I expect they will state this in the full paper - I was hoping someone had an idea what their working hypothesis was.

One broad hypothesis is that CFS features an immune disturbance driven by a leaky gut. The leaky gut can be caused by a change in gut microbiota changing the permeability of the gut wall. The transit of microbes and signalling molecules into the blood stream can cause immune responses.

You seem to want to know if this is a cause or an effect. Porque non los dos? We draw a lot of one dimensional logical chains in trying to describe CFS in ways our brains can grasp. The reality is likely to be cycles interlinking with cycles, including vicious cycles that perpetuate the disease.

This is exploratory research. Identifying the features of the disease is the first step to understanding it, which is the first step to solving it.

Perhaps one day by changing our gut microbiome we can throw a spanner into a vicious cycle?

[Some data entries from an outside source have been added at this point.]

-- ===== src/Perception/Imu.antt =====
-- The inertial sensor: firmware/components/perception/imu.c. A `float` is a parameter, with its
-- operations. Of the set-up, the writes to the sensor are not recorded.
use companion_robot.Base.{
  ℕ, ◌+◌, ◌-◌, ◌*◌, ◌%◌, ◌^◌, ◌&&◌, Option, none, some, List, [], ◌∷◌, ◌==◌, if◌then◌else◌,
}
use companion_robot.Base.Bytes.{Memory}
use companion_robot.Base.Float.{FloatOps, of_int16}
use companion_robot.Localization.Estimate.{Imu}

abbrev pub bmi270_chip_id_val : ℕ
bmi270_chip_id_val = 0x24

-- `imu_data_t`: what Localization/Estimate names `Imu`, and the other fields.
pub record ImuData (F : Type 0) : Type 0 where
  pub accel_x : F
  pub accel_y : F
  pub accel_z : F
  pub gyro_x : F
  pub gyro_y : F
  pub gyro_z : F
  pub pitch : F
  pub roll : F
  pub yaw : F
  pub timestamp_ms : ℕ

abbrev pub for_localization : {F : Type 0} → ImuData F → Imu F
for_localization d = record {
  accel_x = d.accel_x;
  accel_y = d.accel_y;
  accel_z = d.accel_z;
  gyro_z = d.gyro_z;
}

-- The globals, with the counter of failed reads.
pub record ImuState (F : Type 0) : Type 0 where
  pub imu_data : ImuData F
  pub cal_offset : ℕ → F
  pub pitch : F
  pub roll : F
  pub yaw : F
  pub last_gyro_us : ℕ
  pub err_count : ℕ

-- A round's reading, if the read succeeds, and the two clocks.
pub record ImuInputs : Type 0 where
  pub raw : Option Memory
  pub now_us : ℕ
  pub now_ms : ℕ

module _ {F : Type 0} (fl : FloatOps F) where
  abbrev pub zero_f : F
  zero_f = fl.literal 0 1

  abbrev pub zero_data : ImuData F
  zero_data = record {
    accel_x = zero_f;
    accel_y = zero_f;
    accel_z = zero_f;
    gyro_x = zero_f;
    gyro_y = zero_f;
    gyro_z = zero_f;
    pitch = zero_f;
    roll = zero_f;
    yaw = zero_f;
    timestamp_ms = 0;
  }

  -- `imu_init`, for the chip that answers, if one does.
  unfoldable pub imu_init : (chip_id : Option ℕ) → (now_us : ℕ) → ImuState F → ImuState F
  imu_init none now_us s = record s { imu_data = zero_data; cal_offset = λ k. zero_f }
  imu_init (some id) now_us s =
      if id == bmi270_chip_id_val
      then record s {
        cal_offset = λ k. zero_f;
        pitch = zero_f;
        roll = zero_f;
        yaw = zero_f;
        last_gyro_us = now_us;
      }
      else record s { imu_data = zero_data; cal_offset = λ k. zero_f }

  -- `imu_get_latest` into an object: it always returns true.
  unfoldable pub imu_get_latest : ImuState F → Option (ImuData F)
  imu_get_latest s = some s.imu_data

  -- The bytes at `k` as a little-endian `int16_t`, converted.
  abbrev pub word_at : Memory → ℕ → F
  word_at raw k = of_int16 fl (raw k + raw (k + 1) * 256)

  abbrev pub accel_scale : F
  accel_scale = fl.over (fl.times (fl.literal 4 1) (fl.literal 980665 100000)) (fl.literal 32768 1)

  abbrev pub to_degrees : F → F
  to_degrees x = fl.over (fl.times x (fl.literal 180 1)) (fl.literal 314159265 100000000)

  abbrev pub gyro_scale : F
  gyro_scale =
      fl.over
        (fl.over (fl.times (fl.literal 500 1) (fl.literal 314159265 100000000)) (fl.literal 180 1))
        (fl.literal 32768 1)

  abbrev pub deadband : F → F
  deadband g = if fl.less (fl.fabsf g) (fl.literal 1 100) then zero_f else g

  abbrev pub filter_alpha : F
  filter_alpha = fl.literal 98 100

  -- "Complementary filter" for one angle.
  abbrev pub blended : (angle gyro gyro_dt from_accel : F) → F
  blended angle gyro gyro_dt from_accel =
      fl.plus (fl.times filter_alpha (fl.plus angle (to_degrees (fl.times gyro gyro_dt))))
        (fl.times (fl.minus (fl.literal 1 1) filter_alpha) from_accel)

  -- The six values of a reading, less their offsets, the rates past the deadband.
  unfoldable pub measured : Memory → (cal_offset : ℕ → F) → ImuData F → ImuData F
  measured raw cal d =
      let accel : ℕ → F = λ k. fl.minus (fl.times (word_at raw (2 * k)) accel_scale) (cal k) in
      let gyro : ℕ → F =
        λ k. deadband (fl.minus (fl.times (word_at raw (6 + 2 * k)) gyro_scale) (cal (3 + k))) in
      record d {
        accel_x = accel 0;
        accel_y = accel 1;
        accel_z = accel 2;
        gyro_x = gyro 0;
        gyro_y = gyro 1;
        gyro_z = gyro 2;
      }

  abbrev pub sq : F → F
  sq x = fl.times x x

  -- The integration of the rates since the last reading.
  unfoldable pub integrate : ImuData F → (now_us : ℕ) → ImuState F → ImuState F
  integrate d now_us s =
      let acc_pitch =
        to_degrees
          (fl.atan2f (fl.negate d.accel_x) (fl.sqrtf (fl.plus (sq d.accel_y) (sq d.accel_z)))) in
      let acc_roll = to_degrees (fl.atan2f d.accel_y d.accel_z) in
      let gyro_dt =
        fl.over (fl.of_int ((now_us + 2 ^ 64 - s.last_gyro_us) % 2 ^ 64)) (fl.literal 1000000 1) in
      let turned = record s {
        last_gyro_us = now_us;
        pitch = blended s.pitch d.gyro_x gyro_dt acc_pitch;
        roll = blended s.roll d.gyro_y gyro_dt acc_roll;
        yaw = fl.plus s.yaw (to_degrees (fl.times d.gyro_z gyro_dt));
      } in
      if fl.less zero_f gyro_dt && fl.less gyro_dt (fl.literal 1 10)
      then turned
      else record s { last_gyro_us = now_us }

  abbrev pub published : ImuData F → (now_ms : ℕ) → ImuState F → ImuState F
  published d now_ms s = record s {
    imu_data = record d { pitch = s.pitch; roll = s.roll; yaw = s.yaw; timestamp_ms = now_ms };
  }

  unfoldable pub on_reading : Option Memory → ImuInputs → ImuState F → ImuState F
  on_reading none i s = record s { err_count = s.err_count + 1 }
  on_reading (some raw) i s =
      let d = measured raw s.cal_offset s.imu_data in published d i.now_ms (integrate d i.now_us s)

  -- A round of `task_imu`, and rounds in turn.
  unfoldable pub imu_round : ImuInputs → ImuState F → ImuState F
  imu_round i s = on_reading i.raw i s

  unfoldable pub run_imu : List ImuInputs → ImuState F → ImuState F
  run_imu [] s = s
  run_imu (i ∷ is) s = run_imu is (imu_round i s)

EDIT: got to the discussion section and here it is in their own words: "An altered microbiome is postulated to lead to increased gut permeability (“leaky gut”) and intestinal inflammation with gastrointestinal symptoms. Increased translocation of lipopolysaccharides (LPS) from gram-negative bacteria leads to autoantibody production, disruption of tight junctions, and both local gastrointestinal and systemic inflammation [12, 32, 33]."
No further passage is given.